■ WORK REQUIRED:
Extract each line holding the word "Select" from the entries.

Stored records
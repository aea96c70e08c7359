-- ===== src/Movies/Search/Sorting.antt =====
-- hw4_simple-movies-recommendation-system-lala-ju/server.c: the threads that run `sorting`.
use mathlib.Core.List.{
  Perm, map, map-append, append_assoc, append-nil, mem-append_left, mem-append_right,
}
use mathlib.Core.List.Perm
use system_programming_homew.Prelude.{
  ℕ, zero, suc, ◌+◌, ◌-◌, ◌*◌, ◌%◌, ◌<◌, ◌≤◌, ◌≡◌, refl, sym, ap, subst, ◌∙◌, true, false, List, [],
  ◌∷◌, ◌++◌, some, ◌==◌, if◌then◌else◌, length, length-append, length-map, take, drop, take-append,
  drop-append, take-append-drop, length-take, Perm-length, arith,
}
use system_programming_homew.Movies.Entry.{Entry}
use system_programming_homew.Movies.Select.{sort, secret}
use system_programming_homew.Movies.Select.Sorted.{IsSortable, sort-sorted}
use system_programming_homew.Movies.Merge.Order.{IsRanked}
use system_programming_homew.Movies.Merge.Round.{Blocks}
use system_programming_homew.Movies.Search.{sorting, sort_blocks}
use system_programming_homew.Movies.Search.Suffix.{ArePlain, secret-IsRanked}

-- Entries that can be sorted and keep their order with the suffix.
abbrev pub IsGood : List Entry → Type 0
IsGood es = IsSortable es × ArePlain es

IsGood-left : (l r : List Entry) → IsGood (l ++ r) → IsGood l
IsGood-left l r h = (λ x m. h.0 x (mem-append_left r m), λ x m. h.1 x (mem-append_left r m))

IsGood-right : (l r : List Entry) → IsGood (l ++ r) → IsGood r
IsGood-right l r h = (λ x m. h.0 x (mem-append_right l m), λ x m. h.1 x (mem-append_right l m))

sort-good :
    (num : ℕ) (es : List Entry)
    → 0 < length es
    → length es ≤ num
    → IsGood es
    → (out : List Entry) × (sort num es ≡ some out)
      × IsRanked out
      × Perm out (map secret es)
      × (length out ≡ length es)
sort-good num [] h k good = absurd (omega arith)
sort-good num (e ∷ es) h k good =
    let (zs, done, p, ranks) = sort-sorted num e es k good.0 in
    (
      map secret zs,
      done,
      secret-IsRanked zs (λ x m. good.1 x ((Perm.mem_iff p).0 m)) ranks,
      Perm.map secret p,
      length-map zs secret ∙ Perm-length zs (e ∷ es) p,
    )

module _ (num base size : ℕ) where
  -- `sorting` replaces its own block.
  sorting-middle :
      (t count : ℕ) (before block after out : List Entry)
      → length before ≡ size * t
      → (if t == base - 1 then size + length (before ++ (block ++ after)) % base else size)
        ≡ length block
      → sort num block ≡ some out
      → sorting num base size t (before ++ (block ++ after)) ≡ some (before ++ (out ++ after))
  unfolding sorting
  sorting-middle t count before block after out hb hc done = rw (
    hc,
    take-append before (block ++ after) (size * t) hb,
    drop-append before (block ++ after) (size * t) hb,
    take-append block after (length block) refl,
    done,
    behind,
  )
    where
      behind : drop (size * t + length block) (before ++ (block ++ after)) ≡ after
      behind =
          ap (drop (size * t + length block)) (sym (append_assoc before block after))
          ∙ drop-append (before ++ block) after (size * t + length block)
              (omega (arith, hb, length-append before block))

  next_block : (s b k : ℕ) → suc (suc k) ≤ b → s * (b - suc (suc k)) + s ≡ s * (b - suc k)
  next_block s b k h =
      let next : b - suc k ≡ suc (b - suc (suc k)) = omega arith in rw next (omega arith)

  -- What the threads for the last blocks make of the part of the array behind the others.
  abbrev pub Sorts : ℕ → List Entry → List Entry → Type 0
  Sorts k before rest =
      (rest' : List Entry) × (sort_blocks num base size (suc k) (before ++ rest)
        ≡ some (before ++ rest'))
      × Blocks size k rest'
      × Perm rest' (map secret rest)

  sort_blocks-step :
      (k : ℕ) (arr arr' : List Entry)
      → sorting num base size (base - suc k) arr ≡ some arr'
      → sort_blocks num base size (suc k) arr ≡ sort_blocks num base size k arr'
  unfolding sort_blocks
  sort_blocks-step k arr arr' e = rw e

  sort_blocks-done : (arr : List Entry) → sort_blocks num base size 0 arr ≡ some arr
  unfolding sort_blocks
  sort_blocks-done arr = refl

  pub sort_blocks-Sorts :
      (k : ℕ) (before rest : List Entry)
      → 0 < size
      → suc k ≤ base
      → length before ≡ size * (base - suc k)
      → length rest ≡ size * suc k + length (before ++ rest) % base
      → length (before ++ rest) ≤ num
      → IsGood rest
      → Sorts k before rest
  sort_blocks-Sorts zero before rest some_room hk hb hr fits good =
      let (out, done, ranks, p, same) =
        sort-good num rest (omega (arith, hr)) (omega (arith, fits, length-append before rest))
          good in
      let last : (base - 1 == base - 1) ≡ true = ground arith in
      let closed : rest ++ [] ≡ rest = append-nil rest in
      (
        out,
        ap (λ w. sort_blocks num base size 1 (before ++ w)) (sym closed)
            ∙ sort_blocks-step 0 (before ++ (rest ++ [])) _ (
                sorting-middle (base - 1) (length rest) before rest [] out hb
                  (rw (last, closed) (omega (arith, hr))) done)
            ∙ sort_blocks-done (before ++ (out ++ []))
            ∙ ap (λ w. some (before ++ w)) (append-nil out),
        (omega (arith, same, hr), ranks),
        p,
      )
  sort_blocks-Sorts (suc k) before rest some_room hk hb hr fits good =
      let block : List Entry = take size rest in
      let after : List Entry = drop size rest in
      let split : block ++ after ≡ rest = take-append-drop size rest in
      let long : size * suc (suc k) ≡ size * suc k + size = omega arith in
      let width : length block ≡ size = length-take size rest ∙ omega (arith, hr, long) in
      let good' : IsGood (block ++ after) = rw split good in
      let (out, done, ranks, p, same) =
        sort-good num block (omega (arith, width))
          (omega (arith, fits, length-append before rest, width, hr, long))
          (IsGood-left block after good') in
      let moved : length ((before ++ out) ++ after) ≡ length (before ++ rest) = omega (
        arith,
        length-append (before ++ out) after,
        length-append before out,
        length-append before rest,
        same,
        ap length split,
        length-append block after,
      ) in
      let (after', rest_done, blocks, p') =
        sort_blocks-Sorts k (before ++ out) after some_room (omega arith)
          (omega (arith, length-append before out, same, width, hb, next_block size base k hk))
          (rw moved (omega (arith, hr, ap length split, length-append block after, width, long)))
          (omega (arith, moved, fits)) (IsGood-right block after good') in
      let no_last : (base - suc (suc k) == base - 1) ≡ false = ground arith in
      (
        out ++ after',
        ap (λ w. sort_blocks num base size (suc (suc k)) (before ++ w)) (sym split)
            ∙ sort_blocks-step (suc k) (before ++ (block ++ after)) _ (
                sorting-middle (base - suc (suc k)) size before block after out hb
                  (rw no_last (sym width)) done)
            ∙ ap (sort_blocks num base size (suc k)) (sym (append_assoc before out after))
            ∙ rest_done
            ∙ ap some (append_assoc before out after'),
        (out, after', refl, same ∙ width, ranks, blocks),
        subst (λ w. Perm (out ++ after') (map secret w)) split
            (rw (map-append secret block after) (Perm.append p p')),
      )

...

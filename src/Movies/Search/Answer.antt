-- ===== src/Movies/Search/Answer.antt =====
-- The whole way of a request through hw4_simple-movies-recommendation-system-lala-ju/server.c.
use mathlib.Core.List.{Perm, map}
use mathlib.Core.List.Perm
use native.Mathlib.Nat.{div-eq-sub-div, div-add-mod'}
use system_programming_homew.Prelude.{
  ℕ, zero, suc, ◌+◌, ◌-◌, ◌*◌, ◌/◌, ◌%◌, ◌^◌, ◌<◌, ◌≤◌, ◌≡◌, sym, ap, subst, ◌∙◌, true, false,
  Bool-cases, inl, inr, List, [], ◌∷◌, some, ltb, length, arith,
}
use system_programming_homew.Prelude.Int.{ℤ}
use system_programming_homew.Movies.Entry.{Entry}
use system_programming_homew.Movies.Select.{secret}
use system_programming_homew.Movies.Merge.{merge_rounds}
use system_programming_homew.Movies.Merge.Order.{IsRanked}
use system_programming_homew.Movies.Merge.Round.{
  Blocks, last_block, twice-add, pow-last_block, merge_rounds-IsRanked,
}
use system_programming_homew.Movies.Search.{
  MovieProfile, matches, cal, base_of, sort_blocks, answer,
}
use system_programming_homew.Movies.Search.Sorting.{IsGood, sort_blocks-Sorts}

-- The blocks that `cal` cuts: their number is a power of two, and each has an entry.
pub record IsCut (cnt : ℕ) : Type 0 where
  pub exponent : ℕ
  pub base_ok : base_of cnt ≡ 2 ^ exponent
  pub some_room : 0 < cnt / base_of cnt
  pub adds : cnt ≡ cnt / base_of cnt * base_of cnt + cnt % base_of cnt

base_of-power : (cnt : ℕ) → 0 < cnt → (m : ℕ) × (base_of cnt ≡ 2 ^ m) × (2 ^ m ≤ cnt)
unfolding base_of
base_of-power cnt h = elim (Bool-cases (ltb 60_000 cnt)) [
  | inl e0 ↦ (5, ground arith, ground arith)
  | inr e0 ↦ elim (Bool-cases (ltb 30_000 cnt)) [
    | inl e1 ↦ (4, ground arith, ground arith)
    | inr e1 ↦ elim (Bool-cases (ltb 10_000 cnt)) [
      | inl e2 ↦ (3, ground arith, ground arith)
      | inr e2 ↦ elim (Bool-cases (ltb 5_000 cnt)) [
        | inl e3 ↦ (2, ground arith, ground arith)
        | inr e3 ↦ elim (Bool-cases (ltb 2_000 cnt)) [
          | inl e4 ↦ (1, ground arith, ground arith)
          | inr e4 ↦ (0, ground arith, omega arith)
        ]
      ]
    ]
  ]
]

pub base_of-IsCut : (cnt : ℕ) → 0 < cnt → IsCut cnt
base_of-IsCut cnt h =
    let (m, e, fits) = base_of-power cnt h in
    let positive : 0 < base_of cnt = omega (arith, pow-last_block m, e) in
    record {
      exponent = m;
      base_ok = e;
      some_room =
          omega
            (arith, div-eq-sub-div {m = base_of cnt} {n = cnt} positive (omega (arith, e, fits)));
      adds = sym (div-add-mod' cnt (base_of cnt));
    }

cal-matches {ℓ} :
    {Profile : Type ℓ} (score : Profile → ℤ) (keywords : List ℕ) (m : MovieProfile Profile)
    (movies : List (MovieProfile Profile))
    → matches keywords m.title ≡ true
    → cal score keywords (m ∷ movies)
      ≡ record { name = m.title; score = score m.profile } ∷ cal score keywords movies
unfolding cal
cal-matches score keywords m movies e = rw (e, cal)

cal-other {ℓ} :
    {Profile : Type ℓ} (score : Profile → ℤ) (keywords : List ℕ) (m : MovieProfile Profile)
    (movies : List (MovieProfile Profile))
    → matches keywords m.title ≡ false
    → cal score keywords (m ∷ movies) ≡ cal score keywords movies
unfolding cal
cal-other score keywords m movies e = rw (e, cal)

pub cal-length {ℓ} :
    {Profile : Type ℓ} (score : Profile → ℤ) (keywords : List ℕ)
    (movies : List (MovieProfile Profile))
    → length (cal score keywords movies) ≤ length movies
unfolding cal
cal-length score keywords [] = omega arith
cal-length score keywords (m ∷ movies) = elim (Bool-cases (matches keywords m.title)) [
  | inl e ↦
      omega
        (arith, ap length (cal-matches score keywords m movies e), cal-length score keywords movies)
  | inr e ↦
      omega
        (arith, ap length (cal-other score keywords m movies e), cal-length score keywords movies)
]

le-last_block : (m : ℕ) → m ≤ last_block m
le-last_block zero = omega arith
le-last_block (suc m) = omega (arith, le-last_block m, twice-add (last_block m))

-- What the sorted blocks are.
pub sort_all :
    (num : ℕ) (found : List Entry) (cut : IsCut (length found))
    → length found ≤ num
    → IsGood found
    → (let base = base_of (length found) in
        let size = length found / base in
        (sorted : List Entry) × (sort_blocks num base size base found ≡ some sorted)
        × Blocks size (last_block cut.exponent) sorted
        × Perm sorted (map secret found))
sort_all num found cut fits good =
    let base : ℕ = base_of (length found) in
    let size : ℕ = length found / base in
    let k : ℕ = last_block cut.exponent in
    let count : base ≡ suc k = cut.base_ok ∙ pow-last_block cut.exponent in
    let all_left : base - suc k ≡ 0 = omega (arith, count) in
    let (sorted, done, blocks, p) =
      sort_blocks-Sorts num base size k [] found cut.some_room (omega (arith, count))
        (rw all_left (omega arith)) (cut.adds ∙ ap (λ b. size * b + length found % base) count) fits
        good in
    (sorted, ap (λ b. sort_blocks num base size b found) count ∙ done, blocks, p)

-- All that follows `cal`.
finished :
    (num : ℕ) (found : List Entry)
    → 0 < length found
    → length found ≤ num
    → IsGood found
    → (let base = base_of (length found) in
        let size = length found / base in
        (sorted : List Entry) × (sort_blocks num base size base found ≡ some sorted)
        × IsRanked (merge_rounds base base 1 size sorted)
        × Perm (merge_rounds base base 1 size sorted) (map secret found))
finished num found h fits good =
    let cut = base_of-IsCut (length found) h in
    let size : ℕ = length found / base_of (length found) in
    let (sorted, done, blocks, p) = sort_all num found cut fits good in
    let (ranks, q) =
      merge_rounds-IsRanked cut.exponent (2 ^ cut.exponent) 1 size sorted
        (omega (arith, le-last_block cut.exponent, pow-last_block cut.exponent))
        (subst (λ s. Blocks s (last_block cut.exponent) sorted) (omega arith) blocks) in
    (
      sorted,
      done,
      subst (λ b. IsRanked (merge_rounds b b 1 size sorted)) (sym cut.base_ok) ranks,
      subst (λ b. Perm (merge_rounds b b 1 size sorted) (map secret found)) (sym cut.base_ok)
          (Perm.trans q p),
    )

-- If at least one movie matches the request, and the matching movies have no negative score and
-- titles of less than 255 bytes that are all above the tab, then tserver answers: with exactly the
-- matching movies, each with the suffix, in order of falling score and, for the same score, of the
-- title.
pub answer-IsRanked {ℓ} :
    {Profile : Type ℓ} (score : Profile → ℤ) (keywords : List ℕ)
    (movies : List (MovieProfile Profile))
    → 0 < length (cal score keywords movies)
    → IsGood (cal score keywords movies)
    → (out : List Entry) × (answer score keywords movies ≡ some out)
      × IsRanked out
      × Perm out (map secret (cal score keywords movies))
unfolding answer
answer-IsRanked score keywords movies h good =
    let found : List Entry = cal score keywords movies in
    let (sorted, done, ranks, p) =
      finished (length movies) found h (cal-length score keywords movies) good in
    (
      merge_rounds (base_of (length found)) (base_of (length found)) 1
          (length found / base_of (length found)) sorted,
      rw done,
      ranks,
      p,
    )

---

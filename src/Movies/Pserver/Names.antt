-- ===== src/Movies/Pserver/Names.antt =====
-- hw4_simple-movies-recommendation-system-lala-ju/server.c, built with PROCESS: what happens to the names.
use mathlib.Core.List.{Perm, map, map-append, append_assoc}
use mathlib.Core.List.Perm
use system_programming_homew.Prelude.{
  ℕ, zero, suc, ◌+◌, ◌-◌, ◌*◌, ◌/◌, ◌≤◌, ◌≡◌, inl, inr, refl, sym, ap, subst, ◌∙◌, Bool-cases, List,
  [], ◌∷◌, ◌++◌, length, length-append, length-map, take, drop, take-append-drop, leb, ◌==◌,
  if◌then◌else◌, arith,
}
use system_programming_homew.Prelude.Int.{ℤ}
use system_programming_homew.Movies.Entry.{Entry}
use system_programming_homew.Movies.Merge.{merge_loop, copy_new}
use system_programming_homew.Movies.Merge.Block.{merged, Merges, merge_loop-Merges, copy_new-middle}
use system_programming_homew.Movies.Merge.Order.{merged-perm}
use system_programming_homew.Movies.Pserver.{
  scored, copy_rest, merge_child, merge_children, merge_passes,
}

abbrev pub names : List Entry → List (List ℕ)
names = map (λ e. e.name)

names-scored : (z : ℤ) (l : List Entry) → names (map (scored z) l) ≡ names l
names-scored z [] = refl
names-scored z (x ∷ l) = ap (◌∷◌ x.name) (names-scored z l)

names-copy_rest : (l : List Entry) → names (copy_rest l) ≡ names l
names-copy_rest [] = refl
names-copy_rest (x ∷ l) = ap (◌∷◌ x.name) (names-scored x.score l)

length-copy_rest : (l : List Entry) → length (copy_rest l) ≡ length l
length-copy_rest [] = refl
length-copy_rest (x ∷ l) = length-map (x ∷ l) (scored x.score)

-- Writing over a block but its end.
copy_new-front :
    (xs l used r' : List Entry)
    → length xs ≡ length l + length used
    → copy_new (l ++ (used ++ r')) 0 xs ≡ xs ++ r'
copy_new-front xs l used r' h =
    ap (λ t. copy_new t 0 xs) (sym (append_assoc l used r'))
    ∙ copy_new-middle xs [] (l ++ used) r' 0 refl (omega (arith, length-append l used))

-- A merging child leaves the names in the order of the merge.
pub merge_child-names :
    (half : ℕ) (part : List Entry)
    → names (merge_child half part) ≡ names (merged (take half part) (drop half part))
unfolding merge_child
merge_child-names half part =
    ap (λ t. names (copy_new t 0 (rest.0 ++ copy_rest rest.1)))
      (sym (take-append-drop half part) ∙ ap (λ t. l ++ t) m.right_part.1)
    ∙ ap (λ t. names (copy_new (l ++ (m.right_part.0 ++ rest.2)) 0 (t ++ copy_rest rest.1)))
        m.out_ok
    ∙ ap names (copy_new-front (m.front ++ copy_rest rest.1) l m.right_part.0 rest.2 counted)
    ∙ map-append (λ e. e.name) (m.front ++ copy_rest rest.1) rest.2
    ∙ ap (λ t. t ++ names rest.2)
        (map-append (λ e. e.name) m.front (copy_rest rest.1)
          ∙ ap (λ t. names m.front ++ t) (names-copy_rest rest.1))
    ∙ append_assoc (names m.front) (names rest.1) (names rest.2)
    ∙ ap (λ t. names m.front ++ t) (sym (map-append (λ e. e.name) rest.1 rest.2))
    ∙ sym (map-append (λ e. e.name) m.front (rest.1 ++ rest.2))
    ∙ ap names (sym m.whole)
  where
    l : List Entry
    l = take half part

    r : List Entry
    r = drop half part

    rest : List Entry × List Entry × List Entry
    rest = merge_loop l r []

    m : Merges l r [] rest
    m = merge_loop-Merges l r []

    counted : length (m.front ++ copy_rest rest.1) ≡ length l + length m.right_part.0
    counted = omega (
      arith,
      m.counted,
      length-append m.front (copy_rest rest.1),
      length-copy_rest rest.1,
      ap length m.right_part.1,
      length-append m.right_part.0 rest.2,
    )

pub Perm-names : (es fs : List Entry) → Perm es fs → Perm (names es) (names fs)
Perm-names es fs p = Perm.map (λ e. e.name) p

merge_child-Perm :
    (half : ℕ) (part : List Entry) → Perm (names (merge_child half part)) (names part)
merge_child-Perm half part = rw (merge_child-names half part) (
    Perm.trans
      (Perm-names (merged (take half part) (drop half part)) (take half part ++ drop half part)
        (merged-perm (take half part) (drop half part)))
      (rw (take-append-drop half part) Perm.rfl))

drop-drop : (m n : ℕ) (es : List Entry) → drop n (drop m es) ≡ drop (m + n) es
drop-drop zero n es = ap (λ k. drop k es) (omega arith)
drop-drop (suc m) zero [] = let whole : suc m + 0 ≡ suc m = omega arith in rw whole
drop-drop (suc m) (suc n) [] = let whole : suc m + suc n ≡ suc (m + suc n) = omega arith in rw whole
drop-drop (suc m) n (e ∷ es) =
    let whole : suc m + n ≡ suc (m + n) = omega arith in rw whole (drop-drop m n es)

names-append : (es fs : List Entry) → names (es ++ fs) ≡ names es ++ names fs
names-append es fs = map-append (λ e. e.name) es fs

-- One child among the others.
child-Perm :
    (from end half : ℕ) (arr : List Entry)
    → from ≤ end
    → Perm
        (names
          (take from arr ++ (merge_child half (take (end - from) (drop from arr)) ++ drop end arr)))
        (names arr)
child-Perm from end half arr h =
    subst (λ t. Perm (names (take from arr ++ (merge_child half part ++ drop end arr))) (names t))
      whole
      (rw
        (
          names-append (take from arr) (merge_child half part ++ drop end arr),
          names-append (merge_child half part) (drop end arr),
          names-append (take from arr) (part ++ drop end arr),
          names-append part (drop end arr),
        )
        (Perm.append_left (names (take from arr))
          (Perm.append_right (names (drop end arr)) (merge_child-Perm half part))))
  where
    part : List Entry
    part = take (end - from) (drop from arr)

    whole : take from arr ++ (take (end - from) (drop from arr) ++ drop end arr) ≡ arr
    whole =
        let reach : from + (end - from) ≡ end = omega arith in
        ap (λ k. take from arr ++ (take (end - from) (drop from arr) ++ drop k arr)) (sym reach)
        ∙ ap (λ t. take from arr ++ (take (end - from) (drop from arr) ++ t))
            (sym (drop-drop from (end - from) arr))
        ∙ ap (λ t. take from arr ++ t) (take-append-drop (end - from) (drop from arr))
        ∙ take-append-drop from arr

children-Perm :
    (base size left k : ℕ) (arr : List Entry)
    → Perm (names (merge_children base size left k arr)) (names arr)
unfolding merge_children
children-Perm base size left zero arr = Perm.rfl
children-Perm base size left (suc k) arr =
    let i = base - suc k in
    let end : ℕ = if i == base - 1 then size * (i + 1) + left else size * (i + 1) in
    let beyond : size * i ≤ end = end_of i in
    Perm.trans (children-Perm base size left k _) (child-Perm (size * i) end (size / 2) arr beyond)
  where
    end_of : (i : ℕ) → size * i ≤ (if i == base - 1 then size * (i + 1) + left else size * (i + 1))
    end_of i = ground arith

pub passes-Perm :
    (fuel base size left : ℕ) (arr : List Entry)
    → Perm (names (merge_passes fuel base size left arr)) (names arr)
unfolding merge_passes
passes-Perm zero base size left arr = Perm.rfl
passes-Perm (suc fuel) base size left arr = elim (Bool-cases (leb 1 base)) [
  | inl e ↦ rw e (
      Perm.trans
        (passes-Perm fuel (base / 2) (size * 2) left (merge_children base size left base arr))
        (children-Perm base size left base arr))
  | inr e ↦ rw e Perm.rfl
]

■ PROBLEM SOLUTION:
use system_programming_homew.Movies.Select.{sort, secret}
use system_programming_homew.Movies.Select.Sorted.{IsSortable, sort-sorted}
use system_programming_homew.Movies.Select.{secret}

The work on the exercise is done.